Bobby's World (originally known as The World According to Bobby) is an American animated comedy children's television series that aired on Fox Kids from September 8, 1990 to February 23, 1998. The show was created by Canadian actor/comedian Howie Mandel, who also performs the voices of both Bobby and his father Howard Generic.

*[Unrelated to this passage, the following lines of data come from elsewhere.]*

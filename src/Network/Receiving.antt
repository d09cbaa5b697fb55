-- ===== src/Network/Receiving.antt =====
-- `processIncomingData`, `receive` and `cleanupExpiredFragments` of src/NetworkManager.cpp.
pub mod Messages
pub mod Packets
use barren_engine.Common.{
  ℕ, zero, suc, ◌+◌, ◌-◌, ◌*◌, ◌%◌, ◌^◌, Bool, true, false, Option, none, some, List, [], ◌∷◌, ◌++◌,
  Bytes, Result, ok, throw, length, take, drop, set, get_or_else, is_empty, leb, ltb, if◌then◌else◌,
  find, assign, erase, erase_all, nat_eq, add_u32, u32_mod,
}
use barren_engine.Compression.{decompress}
use barren_engine.Crypto.Modes.{decrypt, iv_size}
use barren_engine.Network.Manager.{
  NetworkConfig, NetworkMessage, FragmentInfo, NetworkManager, Environment,
}
use barren_engine.Network.Fragments.{reassemble_fragments, is_fragment_complete}

-- The data of a message, or `none` where the packet is given up with a line on `std::cerr`.
unfoldable pub decrypt_incoming : Environment → NetworkConfig → Bytes → Option Bytes
decrypt_incoming env config bytes =
    if config.enable_encryption
    then (if ltb (length bytes) iv_size
        then none
        else elim (decrypt env.leftover (drop iv_size bytes) config.encryption_key
            (take iv_size bytes) config.encryption_mode) [ ok plain ↦ some plain | throw e ↦ none ])
    else some bytes

unfoldable pub process_incoming_bytes : Environment → NetworkConfig → Bytes → Option Bytes
process_incoming_bytes env config bytes = elim (decrypt_incoming env config bytes) [
  | none ↦ none
  | some plain ↦ some (
      if config.enable_compression
      then decompress env.codecs plain config.compression_algorithm
      else plain)
]

-- `fragments[index] = message` and the count; `none` where the vector has no such element.
unfoldable pub store_fragment : FragmentInfo → NetworkMessage → Option FragmentInfo
store_fragment info message =
    if ltb message.fragment_index (length info.fragments)
    then some (record info {
      fragments = set info.fragments message.fragment_index message;
      received_fragments = add_u32 info.received_fragments 1;
    })
    else none

abbrev pub empty_info : FragmentInfo
empty_info = record { fragments = []; timestamp = 0; total_fragments = 0; received_fragments = 0 }

-- `fragmentMap_[messageId]`, set up where it has no fragment.
unfoldable pub open_fragment : NetworkManager → NetworkMessage → ℕ → FragmentInfo
open_fragment m message now =
    let info = get_or_else (find message.message_id m.fragment_map) empty_info in
    if is_empty info.fragments
    then record info {
      timestamp = now;
      total_fragments = message.total_fragments;
      received_fragments = 0;
    }
    else info

-- How a call ends: normally, or with an access outside a vector.
pub data Incoming : Type 0 where
  handled : NetworkManager → Incoming
  out_of_bounds : Incoming

-- The end of `processIncomingData`: activity, callback and queue.
unfoldable pub deliver : NetworkManager → NetworkMessage → ℕ → ℕ → NetworkManager
deliver m message client now = record m {
  last_activity = assign client now m.last_activity;
  called_back = if m.has_message_callback then m.called_back ++ message ∷ [] else m.called_back;
  message_queue = m.message_queue ++ message ∷ [];
}

unfoldable pub handle_fragment : NetworkManager → NetworkMessage → ℕ → ℕ → Incoming
handle_fragment m message client now = elim (store_fragment (open_fragment m message now) message) [
  | none ↦ out_of_bounds
  | some info ↦
      if is_fragment_complete info
      then elim (reassemble_fragments message info) [
        | none ↦ out_of_bounds
        | some whole ↦ handled (
            deliver (record m { fragment_map = erase whole.message_id m.fragment_map }) whole client
              now)
      ]
      else handled (record m { fragment_map = assign message.message_id info m.fragment_map })
]

-- `memory` is the local variable `message` before it is written to: only its bytes and its time are
-- set before its other fields are read. `now` is the steady clock, `system` the system clock.
unfoldable pub process_incoming_data :
    Environment → NetworkMessage → NetworkManager → Bytes → ℕ → ℕ → ℕ → Incoming
process_incoming_data env memory m [] client now system = handled m
process_incoming_data env memory m (b ∷ bytes) client now system =
    elim (process_incoming_bytes env m.config (b ∷ bytes)) [
      | none ↦ handled m
      | some plain ↦
          let message = record memory { bytes = plain; timestamp = system % u32_mod } in
          if message.is_fragment
          then handle_fragment m message client now
          else handled (deliver m message client now)
    ]

unfoldable pub receive : NetworkManager → NetworkManager × Option NetworkMessage
receive m = elim m.message_queue [
  | [] ↦ (m, none)
  | message ∷ rest ↦ (record m { message_queue = rest }, some message)
]

-- The entries that are as old as the timeout, which is in milliseconds, the clock in nanoseconds; the
-- difference of the two readings of the clock is signed.
unfoldable pub is_expired : NetworkManager → ℕ → FragmentInfo → Bool
is_expired m now info = leb (info.timestamp + m.config.fragment_timeout * 10 ^ 6) now

unfoldable pub expired_keys : NetworkManager → ℕ → List (ℕ × FragmentInfo) → List ℕ
expired_keys m now [] = []
expired_keys m now ((k, info) ∷ entries) =
    let rest = expired_keys m now entries in if is_expired m now info then k ∷ rest else rest

unfoldable pub cleanup_expired_fragments : NetworkManager → ℕ → NetworkManager
cleanup_expired_fragments m now = record m {
  fragment_map = erase_all (expired_keys m now m.fragment_map) m.fragment_map;
}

It was produced by Film Roman for Mandel's company Alevy Productions and Fox Children's Productions in association with 20th Century Fox Television and Saban International. The theme song for Bobby's World was composed by John Tesh and Michael Hanna.

Premise
The series follows the daily life of Bobby Generic ( ), with his very overactive imagination and how he sees the world.

Episodes

Characters

Main

 Robert Adelvice "Bobby" Generic (voiced by Howie Mandel) – The main character of the series. He is a young 4- (5- in seasons 2 through 6, then 6- in seasons 7 and 8) year-old boy who loves to fantasize. An imaginative Bobby claims however that he came from his dreams. Scenes with Bobby most often involve elaborate literal interpretations of the popular or colloquial sayings uttered by other characters during the show (i.e. a "traffic jam" becomes Traffic Jam, as Bobby imagines spreading tiny cars and trucks on a piece of bread and taking a bite). When he enters contests, he tends to end up losing because Bobby ends up being himself instead of using his common sense. Bobby has spiky black hair. He wears a white shirt with red short sleeves (which also reveals his stomach exposed), red shorts and blue sneakers.

Family members
The Generic family's surname is pronounced "JEN-uh-rik", but mispronounced as "juh-NEHR-ik" by other characters as a running gag.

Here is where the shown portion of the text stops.